L'autre garde du corps avait une tête encore intacte mais c'était dommage. Moi j'aime pas les gens qui ont des visages où ça change tout le temps et fuit de tous les côtés et qui n'ont jamais la même gueule deux fois de suite. Un faux jeton, on appelle ça, et bien sûr, il devait avoir ses raisons, qui n'en a pas, et tout le monde a envie de se cacher, mais celui-là je vous jure avait l'air tellement falsifié qu'on avait les cheveux qui se dressaient sur la tête rien qu'à penser ce qu'il devait cacher. Vous voyez ce que je veux dire? Par-dessus le marché, il me souriait tout le temps et c'est pas vrai que les Noirs mangent des enfants dans leur pain, c'est des rumeurs d'Orléans, tout ça, mais j'avais toujours l'impression que je lui donnais de l'appétit et ils ont quand même été cannibaux en Afrique, on peut pas leur enlever ça.
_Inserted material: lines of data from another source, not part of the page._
-- ===== src/Store/Fills.antt =====
-- `apply_fill`: the fill, the order's totals, the quote, the position and the state of the day, in
-- one transaction.
pub mod Replay
pub mod Totals
pub mod Ledger
use algo_trading.Common.{
  ℕ, zero, suc, ◌+◌, ◌*◌, Bool, true, false, ◌&&◌, ◌||◌, Option, none, some, List, [], ◌∷◌, ◌++◌,
  ◌==◌, is_some, if◌then◌else◌,
}
use algo_trading.Common.Int.{ℤ}
use algo_trading.Models.{Side, Fill, OrderStatus, Result, ok, err, runtime_error, integrity_error}
use algo_trading.Store.Rows.{Day, Slot, PositionRow, FillRow, OrderRow, QuoteRow, Database}
use algo_trading.Store.Positions.{read_position, upsert_position}
use algo_trading.Store.States.{touch_strategy_state}

-- The arguments of a call.
pub record Apply : Type 0 where
  pub order_id : ℕ
  pub runtime_id : ℕ
  pub fill : Fill
  pub order_status : OrderStatus
  pub instrument : ℕ
  pub security_id : ℕ
  pub side : Side
  pub trading_date : ℕ
  pub stop_price : Option ℕ
  pub target_price : Option ℕ
  pub last_candle_end_at : Option ℕ

unfoldable pub day_of : Apply → Day
day_of a = record {
  strategy_id = a.fill.strategy_id;
  execution_mode = a.fill.execution_mode;
  trading_date = a.trading_date;
}

unfoldable pub slot_of : Apply → Slot
unfolding day_of
slot_of a = record { day = day_of a; security_id = a.security_id }

-- `SELECT id FROM fills WHERE order_id = ? AND broker_fill_id = ?`
unfoldable pub is_recorded : ℕ → ℕ → List FillRow → Bool
is_recorded order_id broker_fill_id [] = false
is_recorded order_id broker_fill_id (r ∷ rs) =
    (r.order_id == order_id && r.fill.broker_fill_id == broker_fill_id)
    || is_recorded order_id broker_fill_id rs

-- `SUM(quantity)` and `SUM(price * quantity)` over the fills of an order.
unfoldable pub filled_quantity : ℕ → List FillRow → ℕ
filled_quantity order_id [] = 0
filled_quantity order_id (r ∷ rs) =
    (if r.order_id == order_id then r.fill.quantity else 0) + filled_quantity order_id rs

unfoldable pub notional : ℕ → List FillRow → ℕ
notional order_id [] = 0
notional order_id (r ∷ rs) =
    (if r.order_id == order_id then r.fill.price * r.fill.quantity else 0) + notional order_id rs

-- Whether the foreign key of a fill names an order.
unfoldable pub has_order : ℕ → List OrderRow → Bool
has_order id [] = false
has_order id (o ∷ os) = o.id == id || has_order id os

-- `UPDATE orders … WHERE id = ?`
unfoldable pub set_order : ℕ → OrderStatus → ℕ → Option ℕ → ℕ → List OrderRow → List OrderRow
set_order id status filled average now [] = []
set_order id status filled average now (o ∷ os) =
    (if o.id == id
      then record o {
        status = status;
        filled_quantity = filled;
        average_fill_price = average;
        updated_at = now;
      }
      else o)
    ∷ set_order id status filled average now os

has_quote : ℕ → ℕ → List QuoteRow → Bool
has_quote order_id broker_fill_id [] = false
has_quote order_id broker_fill_id (r ∷ rs) =
    (r.order_id == order_id && r.broker_fill_id == broker_fill_id)
    || has_quote order_id broker_fill_id rs

with_quote : ℕ → Fill → List QuoteRow → List QuoteRow
unfolding has_quote
with_quote order_id f quotes =
    if is_some f.quote_bid || is_some f.quote_ask || is_some f.latency_applied
    then if has_quote order_id f.broker_fill_id quotes
      then quotes
      else quotes
        ++ (record {
          order_id = order_id;
          broker_fill_id = f.broker_fill_id;
          quote_bid = f.quote_bid;
          quote_ask = f.quote_ask;
          quote_age_ms = f.quote_age_ms;
          latency_applied = f.latency_applied;
          fill_method = f.fill_method;
        })
          ∷ []
    else quotes

unfoldable pub record_fill_quote : ℕ → Fill → Database → Database
unfolding with_quote
record_fill_quote order_id f db = record db { fill_quotes = with_quote order_id f db.fill_quotes }

unfoldable pub or_missing : Option PositionRow → Result PositionRow
or_missing none = err runtime_error
or_missing (some p) = ok p

module _ (divide : ℕ → ℕ → ℕ) where
  -- The fill is inserted, and the order's totals are computed from its fills.
  unfoldable pub insert_fill : ℕ → Apply → Database → Database
  unfolding filled_quantity notional set_order
  insert_fill now a db =
      let fills =
        db.fills
        ++ (record { order_id = a.order_id; runtime_id = a.runtime_id; fill = a.fill }) ∷ [] in
      let filled = filled_quantity a.order_id fills in
      let average : Option ℕ =
        if filled == 0 then none else some (divide (notional a.order_id fills) filled) in
      record db {
        fills = fills;
        orders = set_order a.order_id a.order_status filled average now db.orders;
      }

  unfoldable pub apply_new : ℕ → Apply → Database → PositionRow × Database
  unfolding insert_fill record_fill_quote upsert_position touch_strategy_state day_of
  apply_new now a db =
      let db1 = record_fill_quote a.order_id a.fill (insert_fill now a db) in
      let (position, realised_delta, db2) =
        upsert_position divide now a.runtime_id a.fill a.instrument a.security_id a.side
          a.trading_date a.stop_price a.target_price db1 in
      (
        position,
        touch_strategy_state now a.runtime_id (day_of a) a.last_candle_end_at realised_delta db2,
      )

  unfoldable pub apply_fill : ℕ → Apply → Database → Result PositionRow × Database
  unfolding or_missing
  apply_fill now a db =
      let (position, db') = apply_new now a db in
      if is_recorded a.order_id a.fill.broker_fill_id db.fills
      then (or_missing (read_position (slot_of a) db), db)
      else if has_order a.order_id db.orders
      then (ok position, db')
      else (err integrity_error, db)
Quand je passais à côté de lui, il me saisissait, il me prenait sur ses genoux et il me disait qu'il avait un petit garçon qui avait mon âge et qu'il lui avait même offert une panoplie de cow-boy dont j'ai toujours eu envie. Une vraie ordure, quoi. Peut-être qu'il y avait du bon en lui, comme dans tout le monde quand on fait des recherches, mais il me foutait les chocot-tes, avec ses yeux qui n'avaient pas de sens unique deux fois de suite. Il devait le savoir, parce qu'il m'avait même apporté une fois des pistaches, tellement il mentait bien. Les pistaches, ça ne veut rien dire du tout, c'est un franc tout compris. S'il se croyait faire un ami avec ça, il se trompait, croyez-moi. Je raconte ce détail parce que c'est dans ces circonstances indépendantes de ma volonté que j'ai fait une nouvelle crise de violence.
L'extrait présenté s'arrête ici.